# Pfs, Ttf Shooters And Pouch Twist..



## Kipken (Feb 6, 2012)

When I shoot pfs, or ott slings I always use a pouch twist and it has completely eleminated frame hits. DGUI has a fantastic video demonstrating this... When I shoot ttf's I don't uste a pouch twist and occasionally, especially if trying to hit a target out of the air, I get a frame or hand hit... Here is what I was wondering, does anyone twist the pouch on a ttf shooter? or have any methods or secrets for eleminating frame hits on a ttf shooter... Oh, I hold all slings sideways, and in my right hand even the pfs..
Thanks, Kip


----------



## newconvert (Dec 12, 2011)

Kipken said:


> When I shoot pfs, or ott slings I always use a pouch twist and it has completely eleminated frame hits. DGUI has a fantastic video demonstrating this... When I shoot ttf's I don't uste a pouch twist and occasionally, especially if trying to hit a target out of the air, I get a frame or hand hit... Here is what I was wondering, does anyone twist the pouch on a ttf shooter? or have any methods or secrets for eleminating frame hits on a ttf shooter... Oh, I hold all slings sideways, and in my right hand even the pfs..
> Thanks, Kip


that just might be your problem, although i never have the problem.............. if you shoot gangsta you are twisting the pouch. think about it? vertical forks as in most PFS, OTT shooting you twist the pouch 90* to make your shot, so when you shoot gangsta, and you hold you pouch normally=no pouch twist, you are twisting the sling 90*. so you get the same result. if you do the additional twist ( if in the opposite direction of the sling rotation) than you are adding 180*, if you twist in the same rotation as the ss rotation than you are at 0*.


----------



## Kipken (Feb 6, 2012)

newconvert said:


> When I shoot pfs, or ott slings I always use a pouch twist and it has completely eleminated frame hits.

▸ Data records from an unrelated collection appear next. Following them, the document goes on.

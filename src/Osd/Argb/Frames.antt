-- ===== src/Osd/Argb/Frames.antt =====
-- The frames that the conversions return.
use jrtplib4android.Prelude.{
  ℕ, ◌+◌, ◌*◌, ◌/◌, ◌<◌, ◌≤◌, ◌≡◌, refl, sym, ap, ◌∙◌, Option, none, some, List, arith, length,
  get_elem?, take, drop,
}
use jrtplib4android.Prelude.Int.{ℤ}
use jrtplib4android.Prelude.Bytes.{
  ◌>>=◌, slice, slice-in, length-slice, get_elem?-slice, get_elem?-in,
}
use jrtplib4android.Osd.Argb.{
  luma, chroma_u, chroma_v, clamp, convert_rows, argb_int_to_nv21_byte, argb_int_to_nv12_byte,
}
use jrtplib4android.Osd.Argb.Points.{Written}
use jrtplib4android.Osd.Argb.Rows.{frame_rows}
use jrtplib4android.Osd.Argb.Steps.{canvas}
use jrtplib4android.Osd.Frame.Picture.{
  Picture, Same, nv21, nv12, luma_at, chroma_at, place-fits, rows-fit,
}
use jrtplib4android.Osd.Frame.Turn.{frame_size}

-- A value of a word that may be missing.
abbrev pub on_word : (ℕ → ℤ) → Option ℕ → Option ℕ
on_word f none = none
on_word f (some word) = some (clamp (f word))

-- The picture that the words show: every point's brightness, and each square's colours taken from
-- its upper left point.
abbrev pub words : (a b : ℕ) → List ℕ → Picture
words a b argb = record {
  a = a;
  b = b;
  y = λ column row. on_word luma (get_elem? argb (luma_at a column row));
  u = λ column row. on_word chroma_u (get_elem? argb (luma_at a (2 * column) (2 * row)));
  v = λ column row. on_word chroma_v (get_elem? argb (luma_at a (2 * column) (2 * row)));
}

module _ (argb memory : List ℕ) (a b : ℕ) (all : 2 * a * (2 * b) ≤ length argb)
    (room : frame_size a b ≤ length memory) where
  -- The loops, and the copy of the bytes that are returned.
  converted :
      (first second : ℕ → ℤ)
      → (e : List ℕ) × ((convert_rows argb first second
              (2 * a)
              (2 * b)
              0
              (canvas 0 (2 * a * (2 * b)) memory)
            >>= λ s. slice s.yuv420sp 0 (2 * a * (2 * b) * 3 / 2))
          ≡ some e)
        × (length e ≡ frame_size a b)
        × Written argb first second a b (2 * a * (2 * b)) (frame_size a b) e
  converted first second =
      let n : ℕ = 2 * a * (2 * b) in
      let turned : 2 * b * (2 * a) ≡ n = grind arith in
      let half : b * (2 * a) ≡ 2 * a * b = grind arith in
      let bytes : n * 3 / 2 ≡ frame_size a b = grind arith in
      let (d, ran, size, w) =
        (frame_rows argb first second a b (length memory) all room).leads memory refl (record {
          lit = λ m v h there. absurd (omega arith);
          coloured = λ c r v hc before there. absurd (omega arith);
        }) in
      let fits : 0 + n * 3 / 2 ≤ length d = omega (arith, size, bytes) in
      let inside : (i : ℕ)
          → i < frame_size a b
          → get_elem? (take (n * 3 / 2) (drop 0 d)) i ≡ get_elem? d i =
        λ i h.
          get_elem?-slice d 0 (n * 3 / 2) i fits (omega (arith, bytes))
          ∙ ap (λ j. get_elem? d j) (omega arith) in
      (
        take (n * 3 / 2) (drop 0 d),
        rw ran (slice-in d 0 (n * 3 / 2) fits),
        length-slice d 0 (n * 3 / 2) fits ∙ bytes,
        record {
          lit = λ m v h there. inside m (omega arith) ∙ w.lit m v h there;
          coloured = λ c r v hc before there. (
            inside (chroma_at a b c r) before ∙ (w.coloured c r v hc before there).0,
            inside (chroma_at a b c r + 1) (even_end c r before)
                ∙ (w.coloured c r v hc before there).1,
          );
        },
      )
    where
      even_end :
          (c r : ℕ) → chroma_at a b c r < frame_size a b → chroma_at a b c r + 1 < frame_size a b
      even_end c r h =
          let e : chroma_at a b c r ≡ 2 * (2 * a * b + r * a + c) = grind arith in
          let f : frame_size a b ≡ 2 * (3 * (a * b)) = grind arith in omega (arith, e, f)

  module _ (first second : ℕ → ℤ) (e : List ℕ)
      (w : Written argb first second a b (2 * a * (2 * b)) (frame_size a b) e) where
    written_y :
        (column row : ℕ)
        → column < 2 * a
        → row < 2 * b
        → get_elem? e (luma_at a column row) ≡ on_word luma (get_elem? argb (luma_at a column row))
    written_y column row hc hr =
        let turned : 2 * b * (2 * a) ≡ 2 * a * (2 * b) = grind arith in
        let inside : luma_at a column row < 2 * a * (2 * b) =
          omega (arith, turned, place-fits row (2 * b) (2 * a) column hr hc) in
        let (v, found) = get_elem?-in argb (luma_at a column row) (omega arith) in
        w.lit (luma_at a column row) v inside found ∙ ap (on_word luma) (sym found)

    written_pair :
        (column row : ℕ)
        → column < a
        → row < b
        → (get_elem? e (chroma_at a b column row)
            ≡ on_word first (get_elem? argb (luma_at a (2 * column) (2 * row))))
          × (get_elem? e (chroma_at a b column row + 1)
              ≡ on_word second (get_elem? argb (luma_at a (2 * column) (2 * row))))
    written_pair column row hc hr =
        let turned : 2 * b * (2 * a) ≡ 2 * a * (2 * b) = grind arith in
        let half : b * (2 * a) ≡ 2 * a * b = grind arith in
        let inside : luma_at a (2 * column) (2 * row) < 2 * a * (2 * b) = omega (
          arith,
          turned,
          place-fits (2 * row) (2 * b) (2 * a) (2 * column) (omega arith) (omega arith),
        ) in
        let before : chroma_at a b column row < frame_size a b =
          omega (arith, half, rows-fit row b (2 * a) hr) in
        let (v, found) = get_elem?-in argb (luma_at a (2 * column) (2 * row)) (omega arith) in
        let (one, two) = w.coloured column row v hc before found in
        (one ∙ ap (on_word first) (sym found), two ∙ ap (on_word second) (sym found))

  -- For an even width and height, words for every point and memory for a frame, both conversions
  -- return a frame whatever the memory held, one that shows the words' picture: read as NV21 for the
  -- one, as NV12 for the other.
  pub argb_int-words :
      ((e : List ℕ) × (argb_int_to_nv21_byte argb memory (2 * a) (2 * b) ≡ some e)
        × (length e ≡ frame_size a b)
        × Same (nv21 a b e) (words a b argb))
      × ((e : List ℕ) × (argb_int_to_nv12_byte argb memory (2 * a) (2 * b) ≡ some e)
          × (length e ≡ frame_size a b)
          × Same (nv12 a b e) (words a b argb))
  unfolding argb_int_to_nv21_byte argb_int_to_nv12_byte
  argb_int-words =
      let (e, ran, size, w) = converted chroma_v chroma_u in
      let (f, also, f_size, x) = converted chroma_u chroma_v in
      (
        (
          e,
          ran,
          size,
          record {
            same_a = refl;
            same_b = refl;
            same_y = written_y chroma_v chroma_u e w;
            same_u = λ c r hc hr. (written_pair chroma_v chroma_u e w c r hc hr).1;
            same_v = λ c r hc hr. (written_pair chroma_v chroma_u e w c r hc hr).0;
          },
        ),
        (
          f,
          also,
          f_size,
          record {
            same_a = refl;
            same_b = refl;
            same_y = written_y chroma_u chroma_v f x;
            same_u = λ c r hc hr. (written_pair chroma_u chroma_v f x c r hc hr).0;
            same_v = λ c r hc hr. (written_pair chroma_u chroma_v f x c r hc hr).1;
          },
        ),
      )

DGUI has a fantastic video demonstrating this... When I shoot ttf's I don't uste a pouch twist and occasionally, especially if trying to hit a target out of the air, I get a frame or hand hit... Here is what I was wondering, does anyone twist the pouch on a ttf shooter? or have any methods or secrets for eleminating frame hits on a ttf shooter... Oh, I hold all slings sideways, and in my right hand even the pfs..
> Thanks, Kip


that just might be your problem, although i never have the problem.............. if you shoot gangsta you are twisting the pouch. think about it? vertical forks as in most PFS, OTT shooting you twist the pouch 90* to make your shot, so when you shoot gangsta, and you hold you pouch normally=no pouch twist, you are twisting the sling 90*. so you get the same result. if you do the additional twist ( if in the opposite direction of the sling rotation) than you are adding 180*, if you twist in the same rotation as the ss rotation than you are at 0*.
[/quote]

That was a little confusing but I fully understand what you are saying..hahaha Ok let me explain further, on a pfs and ott if you hold the forks straight up, when you hold the pouch and twist, it doesn't matter if your thumb is up or down as long as the front of the pouch is elevated a little...holding those same slings gangsta style I rotate my pouch 90deg with my thumb towards my hand and the front of the pouch still slightly elevated above the fork tips which in my case are now pointed to the left...and I haven't had a frame or hand hit since I started using this method.. My real question was does anyone use a pouch twist on a thru the fork slingshot.. I only have problems with ttf slings if I'm shooting quickly like trying to hit something on the fly.. If I shoot ttf normally (aiming) I don't have any frame or hand hits...
Thanks for your response, Kip


----------



## newconvert (Dec 12, 2011)

ahhhhhhhh! sounds like the hurried shooting is just fouling your shots, i did a good one last week just as you explained, shoot quick but in a slower manner, in other words work up to speed.


----------



## Kipken (Feb 6, 2012)

that makes perfect sense...I've always been the type to jump in and try the hard stuff first then dial it back..hahahaha
thanks, Kip


----------



## newconvert (Dec 12, 2011)

Kipken said:


> that makes perfect sense...I've always been the type to jump in and try the hard stuff first then dial it back..hahahaha
> thanks, Kip


you my friend are not the only one, it seems we like to learn the hard way, sometimes it get you there quicker.


----------



## hawk2009 (Dec 30, 2009)

I shoot gangsta and have tried dgui's twisting the pouch some time ago now,but was worse off the consistency was not their, I shoot conventional with the thumb on top and don't get any fork hits. I have also tried speed shooting and still don't get fork hits, for me twisting the pouch does not work maybe with another style or for some shooters it might.


----------



## Jim Williams (Jul 6, 2011)




----------



## Kipken (Feb 6, 2012)

Hawk, when you tried the pouch twist was it on an over the top or a through the forks set up .. 4 me pouch twist only works with over the top, and then it works extremely well ..
Kip


----------



## Jim Williams (Jul 6, 2011)

To my understanding, there is no need to twist the pouch when shooting OTT or TTF. It is done with PFS's in aid to add spin to the projectile for better fork clearance.


----------



## newconvert (Dec 12, 2011)

hawk2009 said:


> I shoot gangsta and have tried dgui's twisting the pouch some time ago now,but was worse off the consistency was not their, I shoot conventional with the thumb on top and don't get any fork hits. I have also tried speed shooting and still don't get fork hits, for me twisting the pouch does not work maybe with another style or for some shooters it might.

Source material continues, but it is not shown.